3. If we have the population standard deviation ##\sigma## well and good. Otherwise we can use the sample standard deviation ##\sigma_s##
4. We then compute the z score: ##\frac{p_h - p}{\frac{\sigma}{\sqrt n}}## or ##\frac{p_h - p}{\frac{\sigma_s}{\sqrt n}}##
5. Our hypotheses are: ##H_0: p_h = p## and ##H_a: p_h < p##
6. We use our z score to compute the P-value
7. If our P-value < ##\alpha## (the significance level), we reject ##H_0## and accept ##H_a##.

Correct?
 
  • #4
In standard statistics you only reject ##H_0##, you do not then accept ##H_a##. So in step 7 you stop at "we reject ##H_0##".

The issue is what the p-value itself means. The p-value is calculated assuming that ##H_0## is true. More formally it is ##P(data|H_0)##. It is not calculated with any information from ##H_a##. So while you can make the claim that the data is unlikely under ##H_0##, you cannot make the claim that the data is likely under ##H_a##, that is simply not something that is represented by the p-value. Especially in this case where ##H_a## and ##H_0## are not mutually exclusive and collectively exhaustive.

However, in practice actual scientists in actual scientific papers do not stop at "we reject ##H_0##" and very often add "and accept ##H_a##" as you did.
 
  • #5
What's the point to ##H_a## if we don't accept it?
 
  • #6
It is supposed to represent the hypothesis that we are actually interested in, although it rarely does and it is usually trivial. Let me explain that last statement in detail.
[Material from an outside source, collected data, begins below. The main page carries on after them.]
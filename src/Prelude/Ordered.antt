-- ===== src/Prelude/Ordered.antt =====
-- Lists whose numeric keys ascend strictly, as the rows of a table do in the order of their ids.
use mathlib.Core.Path.{◌≡◌, refl, subst}
use mathlib.Core.Logic.{inl, inr}
use mathlib.Core.Bool.{Bool}
use mathlib.Core.Option.{some, some-injective}
use mathlib.Core.List.{List, [], ◌∷◌, ◌++◌}
use Prim.Native.Nat.{ℕ, zero, suc, ◌≤◌, ◌<◌}
use native.Mathlib.Omega.{arith}
use netlog_ai.Prelude.Tests.{ltb, ltb→lt, Bool-cases}
use netlog_ai.Prelude.Lists.{length, get_elem?, take, drop, last?, keep, All}

last?-All {ℓ κ} :
    {A : Type ℓ} (P : A → Type κ) (n : ℕ) (l : List A) (a : A)
    → All P l
    → last? (take n l) ≡ some a
    → P a
last?-All P zero l a h e = absurd (ground arith)
last?-All P (suc n) [] a h e = absurd (ground arith)
last?-All P (suc zero) (x ∷ l) a h e = subst P (some-injective x a e) h.0
last?-All P (suc (suc n)) (x ∷ []) a h e = subst P (some-injective x a e) h.0
last?-All P (suc (suc n)) (x ∷ y ∷ l) a h e = last?-All P (suc n) (y ∷ l) a h.1 e

module _ {ℓ} {A : Type ℓ} (key : A → ℕ) where
  -- the keys ascend strictly, from `lo` up to below `hi`
  abbrev pub Ascends : ℕ → ℕ → List A → Type 0
  Ascends lo hi [] = lo ≤ hi
  Ascends lo hi (a ∷ l) = (lo ≤ key a) × Ascends (suc (key a)) hi l

  -- the elements with a key above `b`
  abbrev pub above : ℕ → List A → List A
  above b = keep (λ a. ltb b (key a))

  pub Ascends-lower : (lo' lo hi : ℕ) (l : List A) → lo' ≤ lo → Ascends lo hi l → Ascends lo' hi l
  Ascends-lower lo' lo hi [] h b = omega arith
  Ascends-lower lo' lo hi (a ∷ l) h b = (omega arith, b.1)

  pub Ascends-append :
      (lo mid hi : ℕ) (l m : List A) → Ascends lo mid l → Ascends mid hi m → Ascends lo hi (l ++ m)
  Ascends-append lo mid hi [] m h k = Ascends-lower lo mid hi m h k
  Ascends-append lo mid hi (a ∷ l) m h k = (h.0, Ascends-append (suc (key a)) mid hi l m h.1 k)

  pub Ascends-keep :
      (p : A → Bool) (lo hi : ℕ) (l : List A) → Ascends lo hi l → Ascends lo hi (keep p l)
  Ascends-keep p lo hi [] b = b
  Ascends-keep p lo hi (a ∷ l) b = elim (Bool-cases (p a)) [
    | inl e ↦ rw e (b.0, Ascends-keep p (suc (key a)) hi l b.1)
    | inr e ↦ rw e (
        Ascends-lower lo (suc (key a)) hi (keep p l) (omega arith)
          (Ascends-keep p (suc (key a)) hi l b.1))
  ]

  pub above_all : (b lo hi : ℕ) (l : List A) → b < lo → Ascends lo hi l → above b l ≡ l
  above_all b lo hi [] h k = refl
  above_all b lo hi (a ∷ l) h k = ground (arith, above_all b (suc (key a)) hi l)

  get_elem?-Ascends :
      (lo hi n : ℕ) (l : List A) (a : A) → Ascends lo hi l → get_elem? l n ≡ some a → lo ≤ key a
  get_elem?-Ascends lo hi n [] a b h = absurd (ground arith)
  get_elem?-Ascends lo hi zero (x ∷ xs) a b h = ground arith
  get_elem?-Ascends lo hi (suc n) (x ∷ xs) a b h =
      omega (arith, get_elem?-Ascends (suc (key x)) hi n xs a b.1 h)

  -- the elements after the n-th one, by key and by place
  pub above-get_elem? :
      (lo hi n : ℕ) (l : List A) (a : A)
      → Ascends lo hi l
      → get_elem? l n ≡ some a
      → above (key a) l ≡ drop (suc n) l
  above-get_elem? lo hi n [] a b h = absurd (ground arith)
  above-get_elem? lo hi zero (x ∷ xs) a b h = ground (arith, above_all (key a) (suc (key x)) hi xs)
  above-get_elem? lo hi (suc n) (x ∷ xs) a b h = ground (
    arith,
    get_elem?-Ascends (suc (key x)) hi n xs a b.1 h,
    above-get_elem? (suc (key x)) hi n xs a b.1 h,
  )

  last?-Ascends :
      (lo hi n : ℕ) (l : List A) (a : A) → Ascends lo hi l → last? (take n l) ≡ some a → lo ≤ key a
  last?-Ascends lo hi zero l a b h = absurd (ground arith)
  last?-Ascends lo hi (suc n) [] a b h = absurd (ground arith)
  last?-Ascends lo hi (suc zero) (x ∷ xs) a b h = ground arith
  last?-Ascends lo hi (suc (suc n)) (x ∷ []) a b h = ground arith
  last?-Ascends lo hi (suc (suc n)) (x ∷ y ∷ l) a b h =
      omega (arith, last?-Ascends (suc (key x)) hi (suc n) (y ∷ l) a b.1 h)

  -- the first `n`, then those above the last of them, are the whole list
  pub take-above_last :
      (lo hi n : ℕ) (l : List A) (a : A)
      → Ascends lo hi l
      → last? (take n l) ≡ some a
      → take n l ++ above (key a) l ≡ l
  take-above_last lo hi zero l a b h = absurd (ground arith)
  take-above_last lo hi (suc n) [] a b h = absurd (ground arith)
  take-above_last lo hi (suc zero) (x ∷ xs) a b h =
      ground (arith, above_all (key a) (suc (key x)) hi xs)
  take-above_last lo hi (suc (suc n)) (x ∷ []) a b h = ground arith
  take-above_last lo hi (suc (suc n)) (x ∷ y ∷ l) a b h =
      let later : suc (key x) ≤ key a = last?-Ascends (suc (key x)) hi (suc n) (y ∷ l) a b.1 h in
      ground (arith, take-above_last (suc (key x)) hi (suc n) (y ∷ l) a b.1 h)

  -- selecting twice is selecting by the higher bound
  pub above-above : (b c : ℕ) (l : List A) → b ≤ c → above c (above b l) ≡ above c l
  above-above b c [] h = refl
  above-above b c (a ∷ l) h = ground (arith, above-above b c l h)

  above-All : (b : ℕ) (l : List A) → All (λ a. b < key a) (above b l)
  above-All b [] = tt
  above-All b (x ∷ l) = elim (Bool-cases (ltb b (key x))) [
    | inl e ↦ rw e (ltb→lt b (key x) e, above-All b l)
    | inr e ↦ rw e (above-All b l)
  ]

  pub last?-above : (b n : ℕ) (l : List A) (a : A) → last? (take n (above b l)) ≡ some a → b < key a
  last?-above b n l a h = last?-All (λ a. b < key a) n (above b l) a (above-All b l) h

pub get_elem?-some {ℓ} :
    {A : Type ℓ} (l : List A) (n : ℕ) → n < length l → (a : A) × (get_elem? l n ≡ some a)
get_elem?-some [] n h = absurd (omega arith)
get_elem?-some (x ∷ xs) zero h = (x, refl)
get_elem?-some (x ∷ xs) (suc n) h = get_elem?-some xs n (omega arith)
First, ##H_0## is a point hypothesis. In this case we are hypothesizing that these two probabilities are exactly equal. That is a very strong claim. It would actually be amazing if they were exactly equal, that neither obesity nor anything that correlates with obesity, like nationality, affects the propensity to use chopsticks. So ##H_0##, like most point hypotheses, is not really believable. They are only used because they are easy to compute.

The converse is that ##H_a##, that it is literally any probability other than exactly equal, is trivial. No matter how close to equal you show that they are, no matter how tight the confidence interval you make, there are still infinitely more numbers within that range that satisfy ##H_a##. The p value for a “everything other than a single point” hypothesis winds up being 1, regardless of the data. Accepting such a hypothesis doesn’t actually tell you anything interesting about your data or nature. It is a type of statement that cannot be disproven, so it is trivial in that sense.

So why do we do all of that? For many decades that was all we could do, computationally. And as shaky as it is, it is better than nothing. Experience has shown lots of instances where this approach has led to major advances in our understanding. And experience has also started to show us lots of instances where this approach has tricked us or allowed unscrupulous actors to mislead. But due to the numerous successes, it has become the cornerstone of scientific testing for many topics.